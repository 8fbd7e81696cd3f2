-- ===== src/Keys.antt =====
-- src/keys: the key types.
pub mod Rsa
pub mod Dsa
pub mod Ecdsa
pub mod Ed25519
pub mod Container
pub mod Pkey
pub mod PkeyRoundTrip
pub mod Sign
pub mod SignRoundTrip
pub mod Equality
pub mod RandomArt
pub mod Generation
pub mod GeneratedPair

◇ ◇ ◇ ◇ ◇

Each record needs to be copied out again, letter for letter.

repository 8fbd7e81696cd3f2
-- ===== src/Keys.antt =====
-- src/keys: the key types.
pub mod Rsa
pub mod Dsa
pub mod Ecdsa
pub mod Ed25519
pub mod Container
pub mod Pkey
pub mod PkeyRoundTrip
pub mod Sign
pub mod SignRoundTrip
pub mod Equality
pub mod RandomArt
pub mod Generation
pub mod GeneratedPair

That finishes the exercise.